You can "rigidly classify people" ... using _either_ Big Five or MBTI but, if you do, in either case, you're misapplying the theory.

----------------------------------------------------------------

And I'd also note that one of the advantages that typical MBTI sources have over typical Big Five sources is that the former generally spend more time talking about personality characteristics that tend to result from combinations of two or more preferences.

----------------------------------------------------------------

Among the many internet forum myths you may encounter from time to time are (1) that the Big Five is "scientific" and the MBTI isn't, and (2) that the Big Five is about "behavior" and the MBTI is about "how you think."

In fact:

Like the Big Five, the MBTI now has decades of studies — albeit, like the Big Five, "soft scientific" studies — that provide respectable support for its reliability and validity. For more on that, see this post; and for more on the differences between hard sciences, soft sciences and pseudosciences, see this post and the posts it links to.
 At the end of the day, Jung's typology, the Big Five and the MBTI all deal, at their core, with _internal_ temperament dimensions and the various ways they end up being typically manifested _both_ internally (by way of values, motivations, thinking processes, attitudes, emotional responses, etc.) and externally (through speech and behavior).

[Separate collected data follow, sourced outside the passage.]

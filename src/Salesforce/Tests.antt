-- ===== src/Salesforce/Tests.antt =====
-- Runs of the Salesforce client against a network that gives out prepared responses.
pub mod Counts
use automated_outreach_proto.Unicode.{encode, utf8_bytes}
use automated_outreach_proto.Json.{index, get_or, to_str, truthy}
use automated_outreach_proto.Dict.{get, put}
use automated_outreach_proto.Salesforce.Bulk.{
  create_upsert_job, request, attempts, received, judged, upload_batch, close_job, failed_results,
  get_job, pause, poll, record_usage, wait_for_job,
}
use automated_outreach_proto.Salesforce.Http.{json_of, subscript, dict_of, header, to_int}
use automated_outreach_proto.Salesforce.Upsert.{
  to_csv, completed, concluded, failed_csv, upsert_batches, batches, slices, upsert_batch,
}
use automated_outreach_proto.Cleansing.Steps.Suppress.{object_key}
use automated_outreach_proto.Cleansing.PipelineIo.{get_object}
use automated_outreach_proto.Salesforce.Sync.{
  sync_records, lead_records, lead_record, pushed, store_failures, store_step, stored,
  usage_metrics,
}
use automated_outreach_proto.Salesforce.Auth.{
  load_credentials, get_access_token, build_assertion, b64url, token_of,
}
use automated_outreach_proto.Text.Space.{rstrip_of, keep}
use automated_outreach_proto.Prelude.{◌+ℤ◌}
use automated_outreach_proto.Prelude.{
  All, ◌≤◌, ◌-◌, arith, ℕ, suc, ◌+◌, ◌≡◌, refl, none, some, List, [], ◌∷◌, Result, ok, err,
  json_error, other, pos, true, false,
}
use automated_outreach_proto.Text.{Text, codes}
use automated_outreach_proto.Dict
use automated_outreach_proto.Dict.{Dict}
use automated_outreach_proto.Cleansing.PipelineIo
use automated_outreach_proto.Salesforce.Bulk
use automated_outreach_proto.Salesforce.Upsert.Batches
use automated_outreach_proto.Datetime.{Datetime}
use automated_outreach_proto.Json.{Json, null, int, str, obj, end, field}
use automated_outreach_proto.Suppression.Tests.{bucket}
use automated_outreach_proto.Cleansing.PipelineIo.{Files, Row}
use automated_outreach_proto.Cleansing.Tests.Steps.{files}
use automated_outreach_proto.Salesforce.Http.{Bytes, HttpRequest, HttpResponse, Net}
use automated_outreach_proto.Salesforce.Cloud.{Cloud, Lake}
use automated_outreach_proto.Salesforce.Auth.{Crypto}
use automated_outreach_proto.Salesforce.Bulk.{Client, Session}
use automated_outreach_proto.Salesforce.Bulk.Retry.{Meter, Tried, request-Tried}
use automated_outreach_proto.Salesforce.Upsert.{Record, JobResult, upsert_records}
use automated_outreach_proto.Salesforce.Upsert.Jobs.{upsert_records-Jobs}
use automated_outreach_proto.Salesforce.Upsert.Jobs as Jobs
use automated_outreach_proto.Salesforce.Sync.{Report, handler}
use automated_outreach_proto.Salesforce.Sync.Failures.{handler-IsSynced}
use automated_outreach_proto.Salesforce.Sync.Failures as Failures
use automated_outreach_proto.Salesforce.InboundGap
use automated_outreach_proto.Salesforce.InboundGap.Additive.{Ordered, business_micros-add}

-- The responses that are left, the requests that were sent, the seconds that were slept.
pub record Wire : Type 0 where
  pub left : List HttpResponse
  pub sent : ℕ
  pub slept : ℕ

abbrev answer : List HttpResponse → HttpRequest → ℕ → ℕ → Result HttpResponse × Wire
answer [] req sent slept =
    (err (other (codes "URLError")), record { left = []; sent = suc sent; slept = slept })
answer (r ∷ rs) req sent slept = (ok r, record { left = rs; sent = suc sent; slept = slept })

abbrev pub plain : ℕ → Bytes → HttpResponse
plain status body = record { status = status; headers = []; body = body }

-- The answers, by the length of the body.
abbrev pub parse_body : List Json → Bytes → Result Json
parse_body [] body = err json_error
parse_body (x ∷ xs) [] = ok x
parse_body (x ∷ xs) (c ∷ body) = parse_body xs body

abbrev pub net_of : List Json → Net
net_of answers = record {
  World = Wire;
  transport = λ req w. answer w.left req w.sent w.slept;
  sleep = λ k w. record w { slept = w.slept + k };
  unicode = bucket.unicode;
  loads = parse_body answers;
  loads_bytes = parse_body answers;
  dumps = λ _. [];
  decode = ok;
  decode_replace = λ s. s;
  quote = λ s. s;
  csv_text = λ _ _. ok [];
  render = λ _. [];
  repr_bytes = λ s. s;
  digits_value = λ _. 0;
  int_text = λ _. ok (pos 0);
  int_float = λ _. ok (pos 0);
  float_equals = λ _ _. false;
  dict_pairs = λ _. ok [];
}

-- The token; the new job; the job that ended with a record refused.
abbrev pub answers : List Json
answers =
    obj (
      field (codes "client_id") (str (codes "c")) (
        field (codes "username") (str (codes "u")) (
          field (codes "login_url") (str (codes "l"))
            (field (codes "private_key") (str (codes "k")) end))))
    ∷ obj (
        field (codes "access_token") (str (codes "t"))
          (field (codes "instance_url") (str (codes "i")) end))
    ∷ obj (field (codes "id") (str (codes "7")) end)
    ∷ obj (
        field (codes "state") (str (codes "JobComplete"))
          (field (codes "numberRecordsFailed") (int 1) end))
    ∷ []

abbrev net : Net
net = net_of answers

meter : Meter net
meter = record {
  sent = λ w. w.sent;
  slept = λ w. w.slept;
  sent-transport = λ req w. go w.left req w.sent w.slept;
  slept-transport = λ req w. still w.left req w.sent w.slept;
  sent-sleep = λ k w. refl;
  slept-sleep = λ k w. refl;
}
  where
    go : (rs : List HttpResponse) (req : HttpRequest) (a b : ℕ) → (answer rs req a b).1.sent ≡ suc a
    go [] req a b = refl
    go (r ∷ rs) req a b = refl

    still : (rs : List HttpResponse) (req : HttpRequest) (a b : ℕ) → (answer rs req a b).1.slept ≡ b
    still [] req a b = refl
    still (r ∷ rs) req a b = refl

abbrev client : Client
client = record { instance_url = codes "i"; access_token = codes "t" }

-- Too many requests, and an answer.
abbrev busy : Session net
busy = record {
  world = record { left = plain 429 [] ∷ plain 200 [] ∷ []; sent = 0; slept = 0 };
  api_usage = none;
}

request-Tried_example :
    Tried net meter
      (Bulk.request_of client (codes "GET") (codes "/x") none (codes "t"))
      0
      busy.world
      (Bulk.request net client (codes "GET") (codes "/x") none (codes "t") busy).1.world
      (Bulk.request net client (codes "GET") (codes "/x") none (codes "t") busy).0
request-Tried_example =
    request-Tried net meter client (codes "GET") (codes "/x") none (codes "t") busy

-- One job: created, uploaded, closed, polled, and its failed records fetched.
abbrev job_responses : List HttpResponse
job_responses =
    plain 200 (0 ∷ 0 ∷ [])
    ∷ plain 201 []
    ∷ plain 200 []
    ∷ plain 200 (0 ∷ 0 ∷ 0 ∷ [])
    ∷ plain 200 (codes "x")
    ∷ []

abbrev ready : Session net
ready = record { world = record { left = job_responses; sent = 0; slept = 0 }; api_usage = none }

abbrev lead : Record
lead = (codes "Email", codes "ann@b.co") ∷ []

abbrev done : JobResult
done = record {
  job_id = codes "7";
  state = codes "JobComplete";
  processed = pos 0;
  failed = pos 1;
  failed_results_csv = some (codes "x");
}

ran : (upsert_records net client (lead ∷ []) (codes "Id") (codes "Lead") 2 ready).0 ≡ ok (done ∷ [])
unfolding encode utf8_bytes index get_or to_str get put create_upsert_job request attempts received
    judged upload_batch close_job failed_results get_job pause poll record_usage wait_for_job
    json_of subscript dict_of header to_int to_csv completed concluded failed_csv upsert_records
    upsert_batches batches slices upsert_batch
ran = refl

upsert_records-Jobs_example :
    (chunks : List (List Record)) × (Batches.concat chunks ≡ lead ∷ [])
    × All (Batches.IsBatch 2) chunks
    × Jobs.Jobs net client (codes "Lead") (codes "Id") chunks (done ∷ [])
upsert_records-Jobs_example =
    upsert_records-Jobs net client (lead ∷ []) (codes "Id") (codes "Lead") 2 ready (done ∷ []) ran

abbrev pub crypto : Crypto
crypto = record { urlsafe_b64encode = λ s. s; urlencode = λ _. []; rsa_sign = λ _ s. ok s }

abbrev cloud : Cloud net files
cloud = record {
  get_secret = λ _. ok [];
  getenv = λ s. some s;
  put_metrics = λ _ _ w. (ok tt, w);
  read_parquet = λ _. ok (((codes "email", str (codes "ann@b.co")) ∷ []) ∷ []);
}

abbrev event : Dict Json
event =
    (codes "bucket", str (codes "b"))
    ∷ (codes "run_id", str (codes "r"))
    ∷ (codes "key", str (codes "in"))
    ∷ []

abbrev lake : Lake net files
lake = record {
  world = record { left = plain 200 (0 ∷ []) ∷ job_responses; sent = 0; slept = 0 };
  objects = (codes "in", null) ∷ [];
}

abbrev synced : Report
synced = record {
  bucket = str (codes "b");
  run_id = str (codes "r");
  records_in = 1;
  records_failed = pos 1;
  jobs = codes "7" ∷ [];
  failure_keys = codes "staging/sync-failures/r/7.csv" ∷ [];
}

sync_ran : (handler net files crypto cloud 5 event lake).0 ≡ ok synced
unfolding encode utf8_bytes index get_or to_str get put create_upsert_job request attempts received
    judged upload_batch close_job failed_results get_job pause poll record_usage wait_for_job
    json_of subscript dict_of header to_int to_csv completed concluded failed_csv upsert_records
    upsert_batches batches slices upsert_batch handler object_key get_object sync_records
    lead_records lead_record pushed store_failures store_step stored usage_metrics load_credentials
    get_access_token build_assertion b64url token_of rstrip_of keep truthy ◌+ℤ◌
sync_ran = refl

handler-IsSynced_example :
    (key : Text) × (body : Json) × (rows : List Row) × (Dict.get (codes "key") event
      ≡ some (str key))
    × (PipelineIo.get_object files lake.objects key ≡ ok body)
    × (cloud.read_parquet body ≡ ok rows)
    × Failures.IsSynced net files crypto cloud 5 lake.world rows synced
        (handler net files crypto cloud 5 event lake).1.objects
handler-IsSynced_example = handler-IsSynced net files crypto cloud 5 event lake synced sync_ran

abbrev at : ℕ → Datetime
at t = record { aware = true; instant = t }

in_order : (a b : ℕ) → a ≤ b → Ordered (λ d. d.instant) (at a) (at b)
in_order a b h = record { same_kind = refl; in_order = h; wall_in_order = h }

-- From a day's ten o'clock over noon to the next day's nine o'clock.
business_micros-add_example :
    (x : ℕ) × (y : ℕ) × (InboundGap.business_micros
        (at 122400000000)
        (at 129600000000)
        (λ d. d.instant)
        (pos 8)
        (pos 21)
      ≡ ok x)
    × (InboundGap.business_micros
          (at 129600000000)
          (at 205200000000)
          (λ d. d.instant)
          (pos 8)
          (pos 21)
        ≡ ok y)
    × (InboundGap.business_micros
          (at 122400000000)
          (at 205200000000)
          (λ d. d.instant)
          (pos 8)
          (pos 21)
        ≡ ok (x + y))
    × (x + y ≤ 205200000000 - 122400000000)
business_micros-add_example =
    business_micros-add (λ d. d.instant) 8 21 (ground arith) (ground arith) (at 122400000000)
      (at 129600000000) (at 205200000000) (in_order 122400000000 129600000000 (ground arith))
      (in_order 129600000000 205200000000 (ground arith))
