-- ===== src/Suppression.antt =====
-- src/suppression: the opt-out list, an event log in S3 with a cache in front.
pub mod Store
pub mod Api
pub mod Default
pub mod Tests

And you can read more about that here.
As noted in one of the linked posts, McCrae and Costa are probably the most prominent Big Five scientists, and they long ago concluded (see this article) that the four MBTI dichotomies were essentially (albeit with some variation) tapping into four of the Big Five factors, and that each typology probably had things to learn from the other.
----------------------------------------------------------------

Internet forum claims that the Big Five is substantially superior in the test/retest department are often accompanied by statistics that confuse retest rates on _single dimensions_ with retest rates for, e.g., a complete four-letter type. Over at one of the other forums, I recently corrected a member who posted this:



> MBTI has a test-retest rate of some 60%, meaning two out of every five people get different results when retaking the test.
> 
> The most commonly used test in personality studies is the NEO PI-R, the levels of consistency are incredibly high (N= .92, E= .89, O= .87, A= .86, C= .90; between .75-.9).


In my reply, I explained:



> That 60% MBTI statistic relates to a retest standard that says you got a different result if _any one_ of the four dimensions is different. That corresponds to an average test-retest rate of 88% for the individual dimensions.
> 
> If you apply the same test-retest standard to those Big Five statistics you gave us, you get .92 * .89 * .87 * .86 * .90 = a 55% test-retest rate (or 60% if you leave out Neuroticism).

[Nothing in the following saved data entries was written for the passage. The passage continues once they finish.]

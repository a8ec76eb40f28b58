-- ===== src/Suppression/Default.antt =====
-- src/suppression/__init__.py: the functions of the module, on one store of the process.
use automated_outreach_proto.Prelude.{ℕ, Option, none, some, [], Result, ok, err, key_error}
use automated_outreach_proto.Text.{Text}
use automated_outreach_proto.Datetime.{Datetime}
use automated_outreach_proto.Dict.{Dict}
use automated_outreach_proto.Json.{Json}
use automated_outreach_proto.Suppression.Store
use automated_outreach_proto.Suppression.Store.{Backend, State, SuppressionMatch, SuppressionResult}

-- The two fields of a store that change.
pub record Fields : Type 0 where
  pub cache : Dict SuppressionMatch
  pub cache_loaded_at : Option ℕ

-- The bucket, and `_default_store`.
pub record Process (b : Backend) : Type 0 where
  pub objects : Dict b.Body
  pub default_store : Option Fields

unfoldable pub configure : {b : Backend} → Option Fields → Process b → Process b
configure store p = record p { default_store = store }

-- The store, given os.environ["SUPPRESSION_BUCKET"], which is read where there is none yet.
unfoldable pub get_store :
    {b : Backend} → Option Text → Dict b.Body → Option Fields → Result (State b)
get_store bucket objects (some s) =
    ok (record { objects = objects; cache = s.cache; cache_loaded_at = s.cache_loaded_at })
get_store (some bucket) objects none =
    ok (record { objects = objects; cache = []; cache_loaded_at = none })
get_store none objects none = err key_error

-- A call of the store's method; the store stays the process's.
abbrev called :
    {b : Backend} {A : Type 0}
    → (State b → Result A × State b)
    → Process b
    → Result (State b)
    → Result A × Process b
called method p (err e) = (err e, p)
called method p (ok s) =
    let x = method s in
    (
      x.0,
      record {
        objects = x.1.objects;
        default_store = some (record { cache = x.1.cache; cache_loaded_at = x.1.cache_loaded_at });
      },
    )

unfoldable pub is_suppressed :
    (b : Backend)
    → Option Text
    → ℕ
    → Option Text
    → Option Text
    → Process b
    → Result SuppressionResult × Process b
is_suppressed b bucket now phone email p =
    called (Store.is_suppressed b now phone email) p (get_store bucket p.objects p.default_store)

unfoldable pub add_suppression :
    (b : Backend)
    → Option Text
    → Text
    → Text
    → Json
    → Json
    → Datetime
    → Process b
    → Result (Unit {0}) × Process b
add_suppression b bucket event_id identifier reason source occurred_at p =
    called (Store.add_suppression b event_id identifier reason source occurred_at) p
      (get_store bucket p.objects p.default_store)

It's probably also worth noting that there's a fair amount of data that suggests that most or all of the MBTI dimensions exhibit something like a normal distribution. Assuming that's the case — and assuming, accordingly, that a large portion of the population is in or near the middle on at least one dimension — and given all the possible sources of testing error (from the fact that it's a young science and they're still working out precisely what the temperament dimensions consist of, to flaws in particular tests, to multiple kinds of human error in any self-assessing personality test), it would strain credibility if the test-retest statistics didn't indicate a significant percentage of cases where _at least one_ of the dimensions came out with a different preference on retesting (and _one_ letter change is all it takes to constitute an MBTI retest "failure").


----------



## Psychopomp (Oct 3, 2012)

reckful said:


> Ladies and gentlemen! In this corner we have arkigos...
> 
> 
> 
> ...and in this corner we have... arkigos!

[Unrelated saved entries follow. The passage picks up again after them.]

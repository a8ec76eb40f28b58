-- ===== src/TextTorrent.antt =====
-- The TextTorrent client, the nightly reconciliation of the opt-outs and the daily canary.
pub mod Wire
pub mod Client
pub mod Canary
pub mod Reconcile
pub mod Tests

Dude, that was my whole point. I have all sorts of respect and value for the scientific method... the point being, the point that I made, was like .. "Hell, even *I* am a big believer in the scientific method!" ..but we can all agree that direct empiricism is not how I reason or the main thrust of my musings, whether I prefer it on principle or not. I was correlating that to Jung, who may have been a big believer in the scientific method, nevertheless his whole approach to Psychological Types for example ... well.... in one corner we have Jung..

...and in the other corner, we have Jung.

Perfectly said. It is odd you saw me as trying to 'pull a fast one' rather than comprehending that you were absolutely meant to perceive such because such was the core of my very point. 



reckful said:


> I don't recall posting that the MBTI is "inferior" to the Big Five and, on the contrary, I've made posts here and elsewhere where I've shot down misinformed claims by other posters about the purported superiority of the Big Five in various respects.
> 
> In the spoiler you'll find a _Big Five vs. MBTI_ collection from some previous posts of mine.
> 
> ...


That is so weird. My apologies. You must have said something about the importance of the fifth big five dimension or you saw it as explaining or helping explain some confusion people were having about some aspect of themselves in context of MBTI? ... and then, to support that, gave a little spiel on what it was and why you thought it was a legitimate thing and an important consideration. At the time I very much perceived that you were proselytizing Big Five over MBTI. I think I even expressed as much to you at the time. I must have taken the emphasis or perceived emphasis out of context.


----------



## Sixty Nein (Feb 13, 2011)

The level of physical awareness that I experience is that it is typically within the extremes of complete and total apathy towards it, and that of hypersensitivity to which my nerves are shot and I act little more than a complete beast. Typically like that of a turtle in which I hurdle up inside of myself, and try to desensitize the extremeness of the physical sensations that I experience. In more neutral forms, I typically forget when I showered or not. Going on for days without bathing or really knowing outside of a vague feeling of dirtiness. It feels as I am psychotic on some level, and that I am not completely in the real meat space. Rather that I merely experience a phantasmal image of meat space, that is nothing more than a vague palette of colors splashing on around me. In essence, I believe that I perceive shape and mass to be much larger and smaller than they really are. A person's hand from my perception is far longer than it is, a mouse would be more striking and violent to my sensory glands that it is not. Everything is smudged together, without much semblance of what actually is there. Movement in particular makes everything more difficult to perceive. I have been noted repeatedly that I respond to something completely different than to what is actually there, and is known to reply to a topic and then figure out that the topic itself is actually something completely different. The most striking example of this is when I replied to this topic and thought "Dominant" and "Submissive" energy was non-sexual. This is coming from a sexual deviant, who spends most of my time jerking off to anime porn. On the other hand, I'm generally fixated on the present and the future at the same time. So I got that going for me, and when I go to the past, it is merely to find out what I need to do or the etiology of what my issues are.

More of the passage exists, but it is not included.